A scattershot exercise in preaching to the choir.

A British journalist fulminates against Black Lives Matter, critical race theory, and other threats to White privilege.

“There is an assault going on against everything to do with the Western world—its past, present, and future.” So writes Spectator associate editor Murray, whose previous books have sounded warnings against the presumed dangers of Islam and of non-Western immigration to the West. As the author argues, Westerners are supposed to take in refugees from Africa, Asia, and Latin America while being “expected to abolish themselves.” Murray soon arrives at a crux: “Historically the citizens of Europe and their offspring societies in the Americas and Australasia have been white,” he writes, while the present is bringing all sorts of people who aren’t White into the social contract.
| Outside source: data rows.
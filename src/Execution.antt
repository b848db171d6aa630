-- ===== src/Execution.antt =====
-- view/exflow.js: the page of one execution, which asks the server for updates of its graph.
pub mod Update
pub mod Result
pub mod Poll
pub mod Buttons
mod Tests
use azkaban_private.Prelude.{
  ℕ, zero, suc, ◌+◌, ◌==◌, ◌≡◌, refl, if◌then◌else◌, Bool, false, true, ◌&&◌, ◌||◌, not, Option,
  none, some, List, [], ◌∷◌, ◌++◌, lookup,
}
use azkaban_private.Status
use azkaban_private.Status.{Status, is}
use azkaban_private.Flow.{Ref, Links, Node, Heap, Stamp, missing, unset, at_ms, modify}
use azkaban_private.GraphModel.{Outcome, done, type_error, out_of_fuel, and_then}
use azkaban_private.Disable.{has_status}

-- The buttons of the page's head.
pub data Button : Type 0 where
  cancel execute pause resume retry : Button

-- The buttons that `handleFlowStatusChange` shows for the status of the flow; it hides all others.
abbrev pub buttons_shown : Status → List Button
buttons_shown Status.succeeded = execute ∷ []
buttons_shown Status.preparing = cancel ∷ []
buttons_shown Status.failed = execute ∷ []
buttons_shown Status.failed_finishing = cancel ∷ retry ∷ []
buttons_shown Status.running = cancel ∷ pause ∷ []
buttons_shown Status.paused = cancel ∷ resume ∷ []
buttons_shown Status.waiting = cancel ∷ []
buttons_shown Status.killed = execute ∷ []
buttons_shown _ = []

-- The fields that `updateGraph` copies from the update `u` to `n`.
abbrev pub with_update : Node → Node → Node
with_update u n = record n {
  start_time = u.start_time;
  end_time = u.end_time;
  update_time = u.update_time;
  status = u.status;
}

abbrev pub with_changed_node : Ref → Node → Node
with_changed_node d u = record u { changed_node = some d }

-- The assignments of `updateGraph` for one pair of objects.
unfoldable pub assign_update : Ref → Ref → Heap → Heap
assign_update d u h = modify (modify h d (with_update (h u))) u (with_changed_node d)

-- The loop over `update.nodes`: the node of the same id is looked up, and where there is none, the
-- call throws for it.
unfoldable pub update_nodes : (Ref → Ref → Heap → Outcome) → Links → List Ref → Heap → Outcome
update_nodes update node_map [] h = done h
update_nodes update node_map (u ∷ us) h = elim (lookup (h u).id node_map) [
  | none ↦ type_error
  | some old ↦ and_then (update old u h) (update_nodes update node_map us)
]

-- `updateGraph`. The fuel bounds the depth of the embedded flows.
unfoldable pub update_graph : ℕ → Ref → Ref → Heap → Outcome
update_graph zero d u h = out_of_fuel
update_graph (suc fuel) d u h =
    let h' = assign_update d u h in update_nodes (update_graph fuel) (h d).node_map (h' u).nodes h'

-- What a timer of the page runs.
pub data Task : Type 0 where
  updater log_updater final_update : Task

-- `keepRunning`
unfoldable pub keep_running : Status → Bool
keep_running s = not (is s Status.succeeded) && not (is s Status.failed) && not (is s Status.killed)

-- `updaterFunction`, for the status of the graph when it is called: whether it asks for an update,
-- and the timers that it sets. The request is asynchronous, so the status is still the same when
-- it is read again.
unfoldable pub updater_function : Status → Bool × List Task
updater_function s =
    if keep_running s
    then (
      true,
      if is s Status.unknown || is s Status.waiting || is s Status.preparing
          then updater ∷ []
          else if not (is s Status.succeeded) && not (is s Status.failed)
          then updater ∷ []
          else final_update ∷ [],
    )
    else (false, [])

-- `logUpdaterFunction`: it fetches the log in either case.
unfoldable pub log_updater_function : Status → List Task
log_updater_function s = if keep_running s then log_updater ∷ [] else []

-- The page: the status of its graph, the number of updates asked for and not answered, the timers,
-- and how often the log was fetched.
pub record Page : Type 0 where
  pub status : Status
  pub asked : ℕ
  pub timers : List Task
  pub log_fetches : ℕ

-- A timer fires. `updateStatus(0)` is a request as any other.
unfoldable pub run_task : Task → Page → Page
run_task updater p =
    let (asks, set) = updater_function p.status in
    record p { asked = if asks then suc p.asked else p.asked; timers = set ++ p.timers }
run_task log_updater p = record p {
  timers = log_updater_function p.status ++ p.timers;
  log_fetches = suc p.log_fetches;
}
run_task final_update p = record p { asked = suc p.asked }

-- The success of the first request, which runs both functions.
abbrev pub opened : Status → Page
opened s =
    run_task log_updater
      (run_task updater (record { status = s; asked = 0; timers = []; log_fetches = 0 }))

-- An answer without `updateTime` changes nothing; else the flow gets its status.
unfoldable pub answered : Option Status → Page → Page
answered none p = p
answered (some s) p = record p { status = s }
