-- ===== src/Execution/Buttons.antt =====
-- The buttons of the page's head against the states in which the page goes on asking for updates.
use azkaban_private.Prelude.{ℕ, ◌==◌, ◌≡◌, refl, ◌↔◌, Bool, true, false, ◌||◌, List, [], ◌∷◌}
use azkaban_private.Status.{Status}
use azkaban_private.Execution.{
  Button, cancel, execute, pause, resume, retry, buttons_shown, keep_running,
}

abbrev number : Button → ℕ
number cancel = 0
number execute = 1
number pause = 2
number resume = 3
number retry = 4

abbrev shows : Button → List Button → Bool
shows b [] = false
shows b (c ∷ cs) = number b == number c || shows b cs

-- The button to execute the flow again is there exactly when the page no longer asks for updates;
-- then no other button is, and where the flow can be paused, resumed or retried it can be cancelled.
buttons_shown-keep_running :
    (s : Status)
    → (shows execute (buttons_shown s) ≡ true ↔ keep_running s ≡ false)
      × (shows execute (buttons_shown s) ≡ true → buttons_shown s ≡ execute ∷ [])
      × ((b : Button)
          → shows b (buttons_shown s) ≡ true
          → keep_running s ≡ true
          → shows cancel (buttons_shown s) ≡ true)
unfolding keep_running
buttons_shown-keep_running Status.ready = ((λ e. cc, λ e. cc), λ e. cc, λ b h k. cc)
buttons_shown-keep_running Status.preparing = ((λ e. cc, λ e. cc), λ e. cc, λ b h k. refl)
buttons_shown-keep_running Status.running = ((λ e. cc, λ e. cc), λ e. cc, λ b h k. refl)
buttons_shown-keep_running Status.paused = ((λ e. cc, λ e. cc), λ e. cc, λ b h k. refl)
buttons_shown-keep_running Status.succeeded = ((λ e. refl, λ e. refl), λ e. refl, λ b h k. cc)
buttons_shown-keep_running Status.killed = ((λ e. refl, λ e. refl), λ e. refl, λ b h k. cc)
buttons_shown-keep_running Status.failed = ((λ e. refl, λ e. refl), λ e. refl, λ b h k. cc)
buttons_shown-keep_running Status.failed_finishing = ((λ e. cc, λ e. cc), λ e. cc, λ b h k. refl)
buttons_shown-keep_running Status.skipped = ((λ e. cc, λ e. cc), λ e. cc, λ b h k. cc)
buttons_shown-keep_running Status.disabled = ((λ e. cc, λ e. cc), λ e. cc, λ b h k. cc)
buttons_shown-keep_running Status.queued = ((λ e. cc, λ e. cc), λ e. cc, λ b h k. cc)
buttons_shown-keep_running Status.failed_succeeded = ((λ e. cc, λ e. cc), λ e. cc, λ b h k. cc)
buttons_shown-keep_running Status.cancelled = ((λ e. cc, λ e. cc), λ e. cc, λ b h k. cc)
buttons_shown-keep_running Status.unknown = ((λ e. cc, λ e. cc), λ e. cc, λ b h k. cc)
buttons_shown-keep_running Status.waiting = ((λ e. cc, λ e. cc), λ e. cc, λ b h k. refl)
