-- ===== src/Execution/Poll.antt =====
-- The timers of an execution's page, under every order of timers and answers.
use azkaban_private.Prelude.{
  ℕ, suc, ◌+◌, ◌≡◌, refl, sym, ◌∙◌, ap, subst, ◌≤◌, false, true, Option, none, some, List, [], ◌∷◌,
  ◌++◌, arith, Bool-cases, inl, inr, ◌⊎◌,
}
use azkaban_private.Status.{Status}
use azkaban_private.Execution.{
  Task, updater, log_updater, final_update, keep_running, updater_function, log_updater_function,
  Page, run_task, opened, answered,
}

-- An answer that the server may give: a flow that has finished has not started again.
abbrev pub Answers : Option Status → Page → Type 0
Answers none p = Unit
Answers (some s) p = keep_running p.status ≡ false → keep_running s ≡ false

-- One thing that happens on the page: a timer fires, or a request is answered.
pub data Step (p : Page) : Page → Type 0 where
  fires :
      (before : List Task) (t : Task) (after : List Task)
      → p.timers ≡ before ++ t ∷ after
      → Step p (run_task t (record p { timers = before ++ after }))
  answers :
      (k : ℕ) (o : Option Status)
      → p.asked ≡ suc k
      → Answers o p
      → Step p (answered o (record p { asked = k }))

pub data Reachable (s : Status) : Page → Type 0 where
  at_start : Reachable s (opened s)
  later : (p q : Page) → Reachable s p → Step p q → Reachable s q

-- How many timers of each kind there are.
abbrev pub updaters : List Task → ℕ
updaters [] = 0
updaters (updater ∷ ts) = suc (updaters ts)
updaters (t ∷ ts) = updaters ts

abbrev pub log_updaters : List Task → ℕ
log_updaters [] = 0
log_updaters (log_updater ∷ ts) = suc (log_updaters ts)
log_updaters (t ∷ ts) = log_updaters ts

abbrev pub final_updates : List Task → ℕ
final_updates [] = 0
final_updates (final_update ∷ ts) = suc (final_updates ts)
final_updates (t ∷ ts) = final_updates ts

counts_split :
    (before : List Task) (t : Task) (after : List Task)
    → (updaters (before ++ t ∷ after) ≡ updaters (t ∷ []) + updaters (before ++ after))
      × (log_updaters (before ++ t ∷ after)
          ≡ log_updaters (t ∷ []) + log_updaters (before ++ after))
      × (final_updates (before ++ t ∷ after)
          ≡ final_updates (t ∷ []) + final_updates (before ++ after))
counts_split [] updater after = (omega arith, omega arith, omega arith)
counts_split [] log_updater after = (omega arith, omega arith, omega arith)
counts_split [] final_update after = (omega arith, omega arith, omega arith)
counts_split (updater ∷ before) t after =
    let (a, b, c) = counts_split before t after in (omega arith, omega arith, omega arith)
counts_split (log_updater ∷ before) t after =
    let (a, b, c) = counts_split before t after in (omega arith, omega arith, omega arith)
counts_split (final_update ∷ before) t after =
    let (a, b, c) = counts_split before t after in (omega arith, omega arith, omega arith)

-- While the flow runs, one timer for the graph and one for the log are set; never more, and the
-- timer for a last update is never set.
abbrev pub Polls : Status → List Task → Type 0
Polls s ts =
    (updaters ts ≤ 1)
    × (log_updaters ts ≤ 1)
    × (final_updates ts ≡ 0)
    × (keep_running s ≡ true → (updaters ts ≡ 1) × (log_updaters ts ≡ 1))

updater_function_cases :
    (s : Status)
    → (keep_running s ≡ true) × (updater_function s ≡ (true, updater ∷ []))
      ⊎ (keep_running s ≡ false) × (updater_function s ≡ (false, []))
unfolding keep_running updater_function
updater_function_cases s = ground arith

run_task-Polls :
    (p : Page) (t : Task) (rest : List Task)
    → updaters p.timers ≡ updaters (t ∷ []) + updaters rest
    → log_updaters p.timers ≡ log_updaters (t ∷ []) + log_updaters rest
    → final_updates p.timers ≡ final_updates (t ∷ []) + final_updates rest
    → Polls p.status p.timers
    → let q = run_task t (record p { timers = rest }) in
      (q.status ≡ p.status) × Polls p.status q.timers
unfolding run_task log_updater_function
run_task-Polls p updater rest a b c (u, l, f, on) = elim (updater_function_cases p.status) [
  | inl (runs, same) ↦ rw same (
    refl,
    (
      omega arith,
      omega arith,
      omega arith,
      λ k. let both = on k in (omega (arith, both.0), omega (arith, both.1)),
    ),
  )
  | inr (ended, same) ↦ rw same (
    refl,
    (omega arith, omega arith, omega arith, λ k. let no : true ≡ false = sym k ∙ ended in cc),
  )
]
run_task-Polls p log_updater rest a b c (u, l, f, on) = elim (Bool-cases (keep_running p.status)) [
  | inl runs ↦ rw runs (
    refl,
    (
      omega arith,
      omega arith,
      omega arith,
      λ k. let both = on runs in (omega (arith, both.0), omega (arith, both.1)),
    ),
  )
  | inr ended ↦ rw ended (refl, (omega arith, omega arith, omega arith, λ k. cc))
]
run_task-Polls p final_update rest a b c (u, l, f, on) = absurd (omega arith)

Step-Polls : (p q : Page) → Step p q → Polls p.status p.timers → Polls q.status q.timers
unfolding answered
Step-Polls p q (fires before t after split) polls =
    let (a, b, c) = counts_split before t after in
    let (same, polls') =
      run_task-Polls p t (before ++ after) (ap updaters split ∙ a) (ap log_updaters split ∙ b)
        (ap final_updates split ∙ c) polls in
    subst (λ s. Polls s (run_task t (record p { timers = before ++ after })).timers) (sym same)
      polls'
Step-Polls p q (answers k none asked may) polls = polls
Step-Polls p q (answers k (some s) asked may) (u, l, f, on) = (
  u,
  l,
  f,
  λ runs. elim (Bool-cases (keep_running p.status)) [
    | inl before ↦ on before
    | inr ended ↦ let no : true ≡ false = sym runs ∙ may ended in cc
  ],
)

opened-Polls : (s : Status) → Polls (opened s).status (opened s).timers
unfolding run_task log_updater_function
opened-Polls s = elim (updater_function_cases s) [
  | inl (runs, same) ↦
      rw (same, runs) (omega arith, omega arith, omega arith, λ k. (omega arith, omega arith))
  | inr (ended, same) ↦ rw (same, ended) (omega arith, omega arith, omega arith, λ k. cc)
]

-- In whatever order timers fire and answers come, if a finished flow never starts again: while the
-- page's status is one of a flow that runs, exactly one timer for the graph and one for the log
-- are set; there is never more than one of each, and the timer for the last update is never set.
pub Reachable-Polls : (s : Status) (p : Page) → Reachable s p → Polls p.status p.timers
Reachable-Polls s _ at_start = opened-Polls s
Reachable-Polls s _ (later q p reached step) = Step-Polls q p step (Reachable-Polls s q reached)

-- The number of timers that a step fires.
abbrev pub fired : {p q : Page} → Step p q → ℕ
fired (fires before t after split) = 1
fired (answers k o asked may) = 0

pub data Steps : Page → ℕ → Page → Type 0 where
  stop : (p : Page) → Steps p 0 p
  go : (p q r : Page) (n : ℕ) (step : Step p q) → Steps q n r → Steps p (fired step + n) r

Step-counts :
    (p q : Page) (step : Step p q)
    → Polls p.status p.timers
    → keep_running p.status ≡ false
    → (keep_running q.status ≡ false)
      × (fired step + (updaters q.timers + log_updaters q.timers)
          ≡ updaters p.timers + log_updaters p.timers)
unfolding run_task log_updater_function answered
Step-counts p _ (fires before updater after split) polls ended =
    let (a, b, c) = counts_split before updater after in
    let ua = ap updaters split ∙ a in
    let ub = ap log_updaters split ∙ b in
    elim (updater_function_cases p.status) [
      | inl (runs, same) ↦ let no : true ≡ false = sym runs ∙ ended in cc
      | inr (quiet, same) ↦ rw same (ended, omega arith)
    ]
Step-counts p _ (fires before log_updater after split) polls ended =
    let (a, b, c) = counts_split before log_updater after in
    let la = ap updaters split ∙ a in
    let lb = ap log_updaters split ∙ b in rw ended (refl, omega arith)
Step-counts p _ (fires before final_update after split) (u, l, f, on) ended =
    let (a, b, c) = counts_split before final_update after in
    let total = ap final_updates split ∙ c in absurd (omega arith)
Step-counts p _ (answers k none asked may) polls ended = (ended, omega arith)
Step-counts p _ (answers k (some s) asked may) polls ended = (may ended, omega arith)

Steps-counts :
    (p q : Page) (n : ℕ)
    → Steps p n q
    → Polls p.status p.timers
    → keep_running p.status ≡ false
    → n + (updaters q.timers + log_updaters q.timers) ≡ updaters p.timers + log_updaters p.timers
Steps-counts p _ _ (stop x) polls ended = omega arith
Steps-counts p _ _ (go x q y n step steps) polls ended =
    let (ended', here) = Step-counts p q step polls ended in
    let rest = Steps-counts q y n steps (Step-Polls p q step polls) ended' in omega arith

-- Once the page knows that the flow has finished, at most two more timers fire, in whatever order
-- timers fire and answers come, if a finished flow never starts again.
pub finished-Steps :
    (s : Status) (p q : Page) (n : ℕ)
    → Reachable s p
    → keep_running p.status ≡ false
    → Steps p n q
    → n ≤ 2
finished-Steps s p q n reached ended steps =
    let polls = Reachable-Polls s p reached in
    let counts = Steps-counts p q n steps polls ended in omega (arith, polls.0, polls.1)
The author also takes on the well-worn subject of campus “wokeness,” a topic of considerable discussion by professors who question whether things have gone a bit too far; indeed, the campus is the locus for much of the anti-Western sentiment that Murray condemns. The author’s arguments against reparations for past damages inflicted by institutionalized slavery are particularly glib. “It comes down to people who look like the people to whom a wrong was done in history receiving money from people who look like the people who may have done the wrong,” he writes. “It is hard to imagine anything more likely to rip apart a society than attempting a wealth transfer based on this principle.” Murray does attempt to negotiate some divides reasonably, arguing against “exclusionary lines” and for Henry Louis Gates Jr.’s call for a more vigorous and welcoming civil culture. Too often, however, the author falters, as when he derides Gen. Mark Milley for saying, “I want to understand white rage. And I’m white”—perhaps forgetting the climacteric White rage that Milley monitored on January 6, 2021.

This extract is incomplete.